Секта фарисеев была, с другой стороны, великой политической, а также доктринальной силой нации. Народ почитал их, цари относились к ним с уважением, и Иосиф Флавий сообщает нам, что Александр Яннай, будучи при смерти, говорил о них своей жене следующим образом: «Предоставьте фарисеям большую свободу, чем обычно; ибо они», сказал он ей, «за оказанную им услугу примирят нацию с ее интересами; что они имели мощное влияние на евреев и были в состоянии навредить тем, кого ненавидели, и послужить тем, кого любили».

[Сноска 111: «Antiq.», кн. XIII, гл. XV, стр. 565.]

Молодой Савл записался к фарисеям: среди них, однако, он выбрал свою школу. Будучи чувствительными к тому факту, что иностранные идеи проникали в лоно иудаизма, некоторые избранные умы в эту эпоху искали не знаю какой компромисс между доктриной Моисея и философией, в котором два элемента могли бы слиться вместе и таким образом сформировать религию, одновременно рациональную и мистическую. Это слияние — один из знаков, которыми отличается этот период. Беспокойный и внимательный, каждый ум трудился под бременем потребности в универсальности и единстве веры, чьи болезненные роды, двадцать раз прерванные, все же переносились без ослабления. За сто пятьдесят лет до эпохи, в которой мы сейчас находимся, Аристобул предпринял этот эклектизм, и Филон вскоре после этого должен был свести его в систему в Александрии и придать ему широко распространенную популярность в Египте. Другой человек, однако, взял на себя дело насаждения его в самом сердце Палестины.

Этим человеком был знаменитый раввин Гамалиил, любимый учитель святого Павла. Нужно признать, что никто не мог быть лучше квалифицирован, чтобы сделать его приемлемым, чем он был, благодаря своему положению и характеру. Он был внуком доктора Гиллеля, чью науку, а также его авторитет и святость он унаследовал. Он был оракулом своего времени, и «со смертью его», говорит Талмуд, «свет закона погас в Израиле». Талмудисты добавляют, что он был облечен титулом Наси, или главы совета, и Евангелие соглашается с еврейскими авторами, признавая в нем человека справедливого, мудрого, умеренного, беспристрастного, врага насилия, управляющего различными партиями моральным величием, которое обеспечило ему доверие всех и единодушие их взглядов. Он был первым, кто заставил читать текст Библии на греческом языке в Иерусалиме. Это нововведение само по себе было огромным прогрессом, так как оно устранило тот барьер, который фарисейство воздвигло между эллинистами и иудействующими евреями. Он не мечтал, однако, превратить Моисея в Сократа. Он не отказался ни от чего из чистого иудаизма. Но, обладая глубоким знанием греческой, восточной и египетской философий, он держал их все под контролем; он брал из каждой из них то, что могло быть примирено с законом Божьим, обогащал этим наследие традиции и, смело применяя к идеям ту великодушную и приспосабливающуюся терпимость, которую он использовал в социальной жизни, он позволял им вход в синагогу.

[Сноска 112: Niemeyer, «Characteristik der Bibel», стр. 638.]

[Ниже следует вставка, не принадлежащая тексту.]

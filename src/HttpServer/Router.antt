-- ===== src/HttpServer/Router.antt =====
-- health.go of internal/httpserver, Handler: the routes of the operational server. The router that is
-- given them is chi's, a parameter.
pub mod Labels
use nexus_relay.Common.{
  ◌≡◌, String, Bool, true, false, Option, none, some, [], ◌∷◌, Map, lookup, HasDistinctKeys,
  if◌then◌else◌, ◌==◌, ◌&&◌, ◌||◌, not, nat_eq,
}
use nexus_relay.Common.Text.{any_code, has_prefix}

pub data Endpoint : Type 0 where
  live_endpoint ready_endpoint metrics_endpoint : Endpoint

-- router.Get has a method, router.Handle has none: it takes every method that chi knows
pub record Registered : Type 0 where
  pub method : Option String
  pub endpoint : Endpoint

-- by their paths; the handler of metrics may be nil
unfoldable pub routes : Bool → Map Registered
routes has_metrics =
    ("/health/live", record { method = some "GET"; endpoint = live_endpoint })
    ∷ ("/health/ready", record { method = some "GET"; endpoint = ready_endpoint })
    ∷ (if has_metrics
        then ("/metrics", record { method = none; endpoint = metrics_endpoint }) ∷ []
        else [])

-- what net/http parses of a request's URL: its path, and the path as it was sent where that is not the
-- default encoding of the path, "" otherwise
pub record Url : Type 0 where
  pub path : String
  pub raw_path : String

-- a router: the methods that it knows, and whose request with a method and a URL it is
pub record Mux : Type 0 where
  pub knows : String → Bool
  pub find : Map Registered → String → Url → Option Endpoint

abbrev pub takes : String → Option String → Bool
takes method none = true
takes method (some own) = own == method

-- a route of the path that takes the method
abbrev pub taken : String → Option Registered → Option Endpoint
taken method none = none
taken method (some route) = if takes method route.method then some route.endpoint else none

-- a pattern without a parameter or a wildcard
unfoldable pub is_static : String → Bool
is_static pattern =
    has_prefix pattern "/" && not (any_code (λ c. nat_eq c b'{' || nat_eq c b'*') pattern)

abbrev pub AreStatic : Map Registered → Type 0
AreStatic [] = Unit
AreStatic ((pattern, route) ∷ rs) = (is_static pattern ≡ true) × AreStatic rs

-- the path that the router reads
abbrev pub route_path : Url → String
route_path url =
    if not (url.raw_path == "") then url.raw_path else if url.path == "" then "/" else url.path

-- What the code relies on: of routes with different patterns, none of which has a parameter or a
-- wildcard, a request is given to the one of its path, if that takes its method and chi knows the
-- method.
pub record IsMux (mux : Mux) : Type 0 where
  pub knows_get : mux.knows "GET" ≡ true
  pub finds :
      (rs : Map Registered) (method : String) (url : Url)
      → HasDistinctKeys rs
      → AreStatic rs
      → mux.find rs method url
        ≡ (if mux.knows method then taken method (lookup (route_path url) rs) else none)

-- Handler: who answers a request; nobody does if it is not found or not allowed
abbrev pub handler : Mux → Bool → String → Url → Option Endpoint
handler mux has_metrics method url = mux.find (routes has_metrics) method url
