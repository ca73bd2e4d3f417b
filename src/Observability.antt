-- ===== src/Observability.antt =====
-- internal/observability/observability.go: the gauges that the process keeps of its dependencies.
pub mod Http
pub mod Middleware
pub mod Setup
pub mod Logging
pub mod Laws
use nexus_relay.Common.{
  ℕ, suc, String, Bool, true, false, not, ◌||◌, Option, none, some, List, [], ◌∷◌, if◌then◌else◌,
  Map, lookup, insert, ◌==◌,
}

unfoldable pub bounded_dependency : String → String
bounded_dependency name = if name == "postgresql" || name == "redis" then name else "unknown"

-- The values behind the metrics: dependency_ready by dependency, service_ready, and the number of
-- observations of dependency_probe_duration_seconds by dependency and outcome.
pub record Metrics : Type 0 where
  pub dependency_ready : Map ℕ
  pub service_ready : ℕ
  pub observations : List (String × String)

-- a runtime without a registry has no metrics
unfoldable pub set_ready : Bool → Option Metrics → Option Metrics
set_ready ready none = none
set_ready ready (some m) = some (record m { service_ready = if ready then 1 else 0 })

-- ObserveDependency, by whether the probe returned an error
unfoldable pub observe_dependency : String → Bool → Option Metrics → Option Metrics
unfolding bounded_dependency insert
observe_dependency name failed none = none
observe_dependency name failed (some m) =
    let dependency = bounded_dependency name in
    some (record m {
      observations = (dependency, if failed then "failure" else "success") ∷ m.observations;
      dependency_ready = insert dependency (if failed then 0 else 1) m.dependency_ready;
    })
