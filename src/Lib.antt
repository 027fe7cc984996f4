-- ===== src/Lib.antt =====
-- A model of the learning management backend, and the theorems that make it correct.
--
-- The backend is a set of modules under backend/src/lms/modules. Modelled are the module `learning`
-- (who is enrolled in which published course, and how far the learner is) and the module `courses`
-- (how a course version is written, checked, reviewed, published and succeeded); of the module
-- `identity` the authentication of a caller and the tenant context.
-- Learning reads a published course at the version its enrollment is pinned to; the courses module
-- decides which version is published.
--
-- Where each part stands:
--   Prelude          lists, counting, integers, Boolean tests; Prelude.Exec is code that changes a
--                    state and may raise.
--   Json             JSON values, for payloads and content projections.
--   Learning.Types, Learning.Errors, Learning.Policies
--                    backend/src/lms/modules/learning/types.py, errors.py, policies.py.
--   Learning.Store   the rows of backend/src/lms/modules/learning/models.py and
--                    backend/src/lms/modules/tenancy/models.py as a database of lists,
--                    and `unit_of_work`, which takes back what a raising block wrote.
--   Learning.Payloads, Learning.Idempotency, Learning.Facts
--                    backend/src/lms/modules/learning/persistence.py: `_response_payload` and
--                    `_response_from_payload`, `reserve` and `complete`, `append`.
--   Learning.Repository
--                    `DjangoLearningRepository` of
--                    backend/src/lms/modules/learning/repositories.py, a file for each of
--                    catalogue, enrollments, progress and playback.
--   Learning.Service `LearningService` of backend/src/lms/modules/learning/services.py:
--                    `create_enrollment`, `revoke_enrollment`, `progress` and the two queries, over a
--                    record of ports.
--                    Replay, Atomic and Conflict are about its commands, Samples and Runs
--                    are data to run them on.
--   Learning.Progress, Learning.Enrollment, Learning.Playback
--                    the theorems on progress, enrollments and lesson playback.
--   Courses.Types, Courses.Errors, Courses.Policies
--                    backend/src/lms/modules/courses/types.py, errors.py, policies.py; Lifecycle
--                    and History are about them. Courses.Commands has the commands, answers and
--                    facts of types.py.
--   Courses.Validation
--                    backend/src/lms/modules/courses/validation.py: Collector and Formats have the
--                    collector and the checks of single values, Documents the rich text, Inputs,
--                    Requests and Identifiers the commands, Complete the course for review. Decides
--                    says what a check decides and composes it; Document, Transition, Curriculum,
--                    Unrepeated and Course apply it.
--   Courses.Hashing  `content_projection` and `canonical_content_hash` of
--                    backend/src/lms/modules/courses/hashing.py.
--   Courses.Successor
--                    `_copy_successor` of backend/src/lms/modules/courses/services.py.
--   Courses.Service  `CourseLifecycleService` of the same file: Ports has its protocols and guards,
--                    Curriculum `_materialize_curriculum`, Drafts the creation and the edits,
--                    Transitions `transition_version`, Payloads its request and its facts,
--                    Successors `create_successor_draft`, Commands the calls with their validation
--                    and transaction. Admitted and Reviewed say what a transition needs and makes,
--                    Decided and Ready compare the code with it; Bound, Edges, Evolved and
--                    Outcome are about the service; Memory and Runs are data to run them on.
--   Identity.Service, Identity.Context
--                    `IdentityService` of backend/src/lms/modules/identity/services.py with
--                    entities.py, and context.py: the settings of a connection while a request runs.
--
-- How the code is read. A handler is a function from a `World` to a result and a `World`; an
-- exception is the error of the result, and what was written before it stays written until the unit
-- of work (`_learning_transaction` of backend/src/lms/api/learning_composition.py) takes it back.
-- The world counts the identifiers drawn and the clock's readings, so that `new_uuid` and `now` are
-- functions of a count. A table is a list of rows; `filter(...).first()` is the first row that
-- passes, an insertion appends and raises where a unique key is taken, a `save` replaces the row
-- that was read. A Python `int` that a caller sends is an integer ℤ; counts, row versions and
-- positions are naturals, as the tables hold them. A validation collects its errors in a list of at
-- most a hundred. The texts of idempotency operations are constructors, which differ as the texts
-- do. A node of a document whose type has no hash makes Python raise a TypeError, which is an
-- error of its own, also where other errors were collected before. The course service runs on a
-- database of any type, through its ports; what its unit of work leaves of a block that raises is
-- one of them. An identifier is a natural that is only compared, an instant a natural. Every
-- recursion is on a list or on a payload, but for the decimal digits of an index in an error's
-- path, whose fuel is the index and one more: a number has no more digits.
--
-- Parameters: the token verifier and the readers of profiles and sessions, the authorization ports,
-- the port of published courses, the repository, idempotency, fact and publication source ports of
-- the course service, the identifier factories, the clocks, and the SHA-256 digests of JSON texts
-- and of idempotency keys; the database connection of a request, with the ends of a transaction and
-- the settings. A theorem that needs something of the authorization port, or of the settings of a
-- connection as PostgreSQL documents them, says so among its hypotheses.
--
-- Not modelled: the dashboard with its signed cursor; the locks of the database and interleaved
-- transactions; row-level security and the other checks of the schema, but for the unique keys and
-- the completed count; the repository of courses behind the course service's port; the canonical
-- JSON text that is hashed; the verification of tokens; the modules tenancy, documents and
-- course_generation; the HTTP layer and the web client.
pub mod Prelude
pub mod Json
pub mod Learning
pub mod Courses
pub mod Identity
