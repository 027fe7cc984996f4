-- ===== src/Courses.antt =====
-- backend/src/lms/modules/courses: course authoring, review and publication.
pub mod Types
pub mod Errors
pub mod Commands
pub mod Validation
pub mod Policies
pub mod Lifecycle
pub mod History
pub mod Hashing
pub mod Successor
pub mod Service
pub mod Memory
pub mod Runs
mod Tests
mod ServiceTests
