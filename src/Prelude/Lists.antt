-- ===== src/Prelude/Lists.antt =====
-- Lists measured by native numbers and searched by Boolean tests.
use Prim.Native.Nat.{ℕ, zero, suc, ◌+◌}
use mathlib.Core.Path.{◌≡◌, refl}
use mathlib.Core.Logic.{inl, inr}
use mathlib.Core.Bool.{Bool, true, false, ◌&&◌, ◌||◌}
use mathlib.Core.Option.{Option, none, some}
use mathlib.Core.List.{List, [], ◌∷◌, ◌++◌}
use native.Mathlib.Omega.{arith}
use lawrence_ai_lms.Prelude.Tests.{if◌then◌else◌, ◌==◌, Bool-cases}

module _ {ℓ} {A : Type ℓ} where
  abbrev pub length : List A → ℕ
  length [] = 0
  length (x ∷ xs) = suc (length xs)

  abbrev pub take : ℕ → List A → List A
  take zero xs = []
  take (suc n) [] = []
  take (suc n) (x ∷ xs) = x ∷ take n xs

  -- The items that pass a test, in order.
  abbrev pub select : (A → Bool) → List A → List A
  select p [] = []
  select p (x ∷ xs) = if p x then x ∷ select p xs else select p xs

  abbrev pub any : (A → Bool) → List A → Bool
  any p [] = false
  any p (x ∷ xs) = p x || any p xs

  abbrev pub all : (A → Bool) → List A → Bool
  all p [] = true
  all p (x ∷ xs) = p x && all p xs

  -- The first item that passes a test.
  abbrev pub find? : (A → Bool) → List A → Option A
  find? p [] = none
  find? p (x ∷ xs) = if p x then some x else find? p xs

  -- A write to the first item that passes a test; nothing changes if there is none.
  abbrev pub replace_first : (A → Bool) → A → List A → List A
  replace_first p y [] = []
  replace_first p y (x ∷ xs) = if p x then y ∷ xs else x ∷ replace_first p y xs

  abbrev pub count_by : (A → Bool) → List A → ℕ
  count_by p [] = 0
  count_by p (x ∷ xs) = (if p x then 1 else 0) + count_by p xs

-- `item in items` on identifiers.
abbrev pub contains : ℕ → List ℕ → Bool
contains a [] = false
contains a (x ∷ xs) = a == x || contains a xs

module _ {ℓ} {A : Type ℓ} where
  -- What a search finds passes its test.
  pub find?-passes : (p : A → Bool) (xs : List A) {x : A} → find? p xs ≡ some x → p x ≡ true
  find?-passes p [] h = cc
  find?-passes p (x ∷ xs) h = elim (Bool-cases (p x)) [
    | inl e ↦ ground (arith, find?-passes p xs)
    | inr e ↦ find?-passes p xs (rw e at h)
  ]

  pub find?-replace_first :
      (p : A → Bool) (y : A) (xs : List A) {x : A}
      → p y ≡ true
      → find? p xs ≡ some x
      → find? p (replace_first p y xs) ≡ some y
  find?-replace_first p y [] py h = cc
  find?-replace_first p y (x ∷ xs) py h = elim (Bool-cases (p x)) [
    | inl e ↦ rw e (rw py)
    | inr e ↦ rw e (rw e (find?-replace_first p y xs py (rw e at h)))
  ]

  -- A write that fails another test leaves the items of that test alone.
  pub select-replace_first :
      (q p : A → Bool) (y : A) (xs : List A)
      → ((x : A) → p x ≡ true → q x ≡ false)
      → q y ≡ false
      → select q (replace_first p y xs) ≡ select q xs
  select-replace_first q p y [] apart qy = refl
  select-replace_first q p y (x ∷ xs) apart qy = elim (Bool-cases (p x)) [
    | inl e ↦ rw e (rw (qy, apart x e))
    | inr e ↦ rw e (rw (select-replace_first q p y xs apart qy))
  ]

  pub select-append :
      (q : A → Bool) (xs : List A) (y : A) → q y ≡ false → select q (xs ++ (y ∷ [])) ≡ select q xs
  select-append q [] y qy = rw qy
  select-append q (x ∷ xs) y qy = rw (select-append q xs y qy)

  pub find?-append_new :
      (p : A → Bool) (xs : List A) (y : A)
      → p y ≡ true
      → find? p xs ≡ none
      → find? p (xs ++ (y ∷ [])) ≡ some y
  find?-append_new p [] y py h = rw py
  find?-append_new p (x ∷ xs) y py h = elim (Bool-cases (p x)) [
    | inl e ↦ absurd (absurd_some (rw e at h))
    | inr e ↦ rw e (find?-append_new p xs y py (rw e at h))
  ]
    where
      absurd_some : {z : A} → ◌≡◌ {A = Option A} (some z) none → ⊥
      absurd_some q = cc

  -- Replacing a found item by one that another test treats alike changes nothing for that test.
  pub any-replace_first :
      (q p : A → Bool) (y : A) (xs : List A) {x : A}
      → find? p xs ≡ some x
      → q y ≡ q x
      → any q (replace_first p y xs) ≡ any q xs
  any-replace_first q p y [] f e = refl
  any-replace_first q p y (x ∷ xs) f e = elim (Bool-cases (p x)) [
    | inl h ↦ ground arith
    | inr h ↦ rw h (rw (any-replace_first q p y xs (rw h at f) e))
  ]

  pub any-append : (q : A → Bool) (xs : List A) (y : A) → any q (xs ++ (y ∷ [])) ≡ (any q xs || q y)
  any-append q [] y = ground arith
  any-append q (x ∷ xs) y = ground (arith, any-append q xs y)
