-- ===== src/Prelude/Counting.antt =====
-- How many items of a list pass a test.
use Prim.Native.Nat.{ℕ, ◌+◌, ◌≤◌}
use mathlib.Core.Path.{◌≡◌, refl}
use mathlib.Core.Logic.{◌↔◌, inl, inr}
use mathlib.Core.Bool.{Bool, true, false, ◌&&◌, ◌||◌}
use mathlib.Core.List.{List, [], ◌∷◌}
use native.Mathlib.Omega.{arith}
use lawrence_ai_lms.Prelude.Tests.{if◌then◌else◌, ◌==◌, Bool-cases}
use lawrence_ai_lms.Prelude.Lists.{length, all, count_by, contains}

-- No identifier stands in the list twice.
abbrev pub Distinct : List ℕ → Type 0
Distinct [] = Unit
Distinct (x ∷ xs) = (contains x xs ≡ false) × Distinct xs

module _ {ℓ} {A : Type ℓ} where
  pub count_by-le-length : (p : A → Bool) (xs : List A) → count_by p xs ≤ length xs
  count_by-le-length p [] = omega arith
  count_by-le-length p (x ∷ xs) = ground (arith, count_by-le-length p xs)

  pub count_by-false : (p : A → Bool) (xs : List A) → ((x : A) → p x ≡ false) → count_by p xs ≡ 0
  count_by-false p [] h = refl
  count_by-false p (x ∷ xs) h = ground (arith, h x, count_by-false p xs h)

  -- All items pass exactly if as many pass as there are.
  pub count_by-all : (p : A → Bool) (xs : List A) → (count_by p xs ≡ length xs) ↔ (all p xs ≡ true)
  count_by-all p [] = (λ h. refl, λ h. refl)
  count_by-all p (x ∷ xs) = (
    λ h. ground (arith, count_by-le-length p xs, (count_by-all p xs).0),
    λ h. ground (arith, (count_by-all p xs).1),
  )

  -- Tests that no item passes both of are counted apart.
  pub count_by-or :
      (p q : A → Bool) (xs : List A)
      → ((x : A) → p x ≡ true → q x ≡ false)
      → count_by (λ x. p x || q x) xs ≡ count_by p xs + count_by q xs
  count_by-or p q [] apart = refl
  count_by-or p q (x ∷ xs) apart = elim (Bool-cases (p x)) [
    | inl e ↦ rw e (rw (apart x e) (omega (arith, count_by-or p q xs apart)))
    | inr e ↦ rw e (omega (arith, count_by-or p q xs apart))
  ]

-- In a list of distinct identifiers one is found once or never.
pub count_by-contains :
    (c : Bool) (a : ℕ) (xs : List ℕ)
    → Distinct xs
    → count_by (λ x. a == x && c) xs ≡ (if contains a xs && c then 1 else 0)
count_by-contains c a [] d = refl
count_by-contains c a (x ∷ xs) d = elim (Bool-cases (a == x)) [
  | inl e ↦ ground (arith, count_by-contains c a xs d.1)
  | inr e ↦ rw e (omega (arith, count_by-contains c a xs d.1))
]
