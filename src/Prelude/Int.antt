-- ===== src/Prelude/Int.antt =====
-- Python's signed integers over the native numbers, as far as the services compare them.
use Prim.Native.Nat.{ℕ}
use mathlib.Core.Path.{◌≡◌}
use mathlib.Core.Logic.{◌↔◌}
use mathlib.Core.Bool.{Bool, true, false}
use native.Mathlib.Omega.{arith}
use lawrence_ai_lms.Prelude.Tests.{◌==◌, ltb, leb}

-- `negsuc n` is -(n + 1).
pub data ℤ : Type 0 where
  pos : ℕ → ℤ
  negsuc : ℕ → ℤ

abbrev pub eq_ℤ : ℤ → ℤ → Bool
eq_ℤ (pos a) (pos b) = a == b
eq_ℤ (pos a) (negsuc b) = false
eq_ℤ (negsuc a) (pos b) = false
eq_ℤ (negsuc a) (negsuc b) = a == b

-- `a < n` for a constant n that is not negative.
abbrev pub ltb_ℤ : ℤ → ℕ → Bool
ltb_ℤ (pos a) n = ltb a n
ltb_ℤ (negsuc a) n = true

-- `n <= a <= m` for constants that are not negative.
abbrev pub in_range_ℤ : ℕ → ℤ → ℕ → Bool
in_range_ℤ n (negsuc a) m = false
in_range_ℤ n (pos a) m = elim (leb n a) [ true ↦ leb a m | false ↦ false ]

pub eq_ℤ_iff : (a b : ℤ) → (eq_ℤ a b ≡ true) ↔ (a ≡ b)
eq_ℤ_iff (pos a) (pos b) = ground arith
eq_ℤ_iff (pos a) (negsuc b) = ground arith
eq_ℤ_iff (negsuc a) (pos b) = ground arith
eq_ℤ_iff (negsuc a) (negsuc b) = ground arith
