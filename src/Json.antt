-- ===== src/Json.antt =====
-- The JSON values of payloads. `uuid` and `timestamp` stand for the text that `str(UUID)` and
-- `datetime.isoformat()` print; a value that the code parses back with `UUID(...)` or
-- `datetime.fromisoformat(...)` is one of them.
use lawrence_ai_lms.Prelude.{
  ℕ, String, Bool, ℤ, pos, Option, none, some, List, [], ◌∷◌, str_eq, if◌then◌else◌,
}

mutual
  pub data JsonValue : Type 0 where
    null : JsonValue
    text : String → JsonValue
    integer : ℤ → JsonValue
    flag : Bool → JsonValue
    uuid : ℕ → JsonValue
    timestamp : ℕ → JsonValue
    array : JsonItems → JsonValue
    object : JsonFields → JsonValue

  pub data JsonItems : Type 0 where
    nil : JsonItems
    cons : JsonValue → JsonItems → JsonItems

  pub data JsonFields : Type 0 where
    end : JsonFields
    field : String → JsonValue → JsonFields → JsonFields

-- The number that `int` reads back.
pattern abbrev pub number : ℕ → JsonValue
number n = integer (pos n)

abbrev pub JsonObject : Type 0
JsonObject = JsonFields

-- `payload.get(key)`
abbrev pub get : String → JsonObject → Option JsonValue
get k end = none
get k (field j v rest) = if str_eq j k then some v else get k rest

-- A literal `{...}`, and one that opens with `**first`.
abbrev pub fields : List (String × JsonValue) → JsonObject
fields [] = end
fields ((k, v) ∷ rest) = field k v (fields rest)

abbrev pub optional_uuid : Option ℕ → JsonValue
optional_uuid none = null
optional_uuid (some u) = uuid u

abbrev pub optional_timestamp : Option ℕ → JsonValue
optional_timestamp none = null
optional_timestamp (some t) = timestamp t

abbrev pub items {ℓ} : {A : Type ℓ} → (A → JsonValue) → List A → JsonItems
items f [] = nil
items f (x ∷ xs) = cons (f x) (items f xs)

Гамалиил, по-видимому, содержал в Иерусалиме то, что некоторые авторы называют академией. Она была посещаема, ибо люди такого характера обладают великой силой притяжения. Молодые израильтяне, приведенные к его ногам и отданные в его распоряжение для служения его и их идеям, неистовое рвение и горячие убеждения своего возраста — христианская традиция знакомит нас с именами некоторых из них; среди прочих, Стефана и Варнавы, которых мы вскоре увидим учениками более великого учителя. Но самым пылким из них всех был, без противоречия, молодой Савл из Тарса. Гордый, огненный, восторженный, он, кажется, был страстно привязан к фарисейству Гамалиила, но смешивал с рвением жестокую резкость, которой, конечно, у него не было от его учителя. Никто не мог быть более привязан, чем он, к древним традициям; это он сам говорит так, добавляя, что его мастерство в интерпретации закона поставило его во главе людей его времени.

[Сноска 113: Cornel. a Lapide, in Act. v. 34.]

[Сноска 140: См. Послание к Галатам, i. 14.]

Эти еврейские, как и греческие штудии, не были потерянным временем в образовании апостола. Они заставили Савла осознать острую потребность в избавителе, которую испытывал тогда мир; они позволили донести до его слуха те стоны, которые он сам называл стоном творения, мучающегося в ожидании своего искупителя. Они также открыли ему, ввиду неспособности сект к этому, что искупление не может быть делом рук человеческих, и оставили в его сознании то высокомерное презрение к человеческой мудрости, которое обернулось бы отчаянием, если бы Бог не пришел, чтобы явить лучшую мудрость, обладающую обетованиями как этого мира, так и грядущего.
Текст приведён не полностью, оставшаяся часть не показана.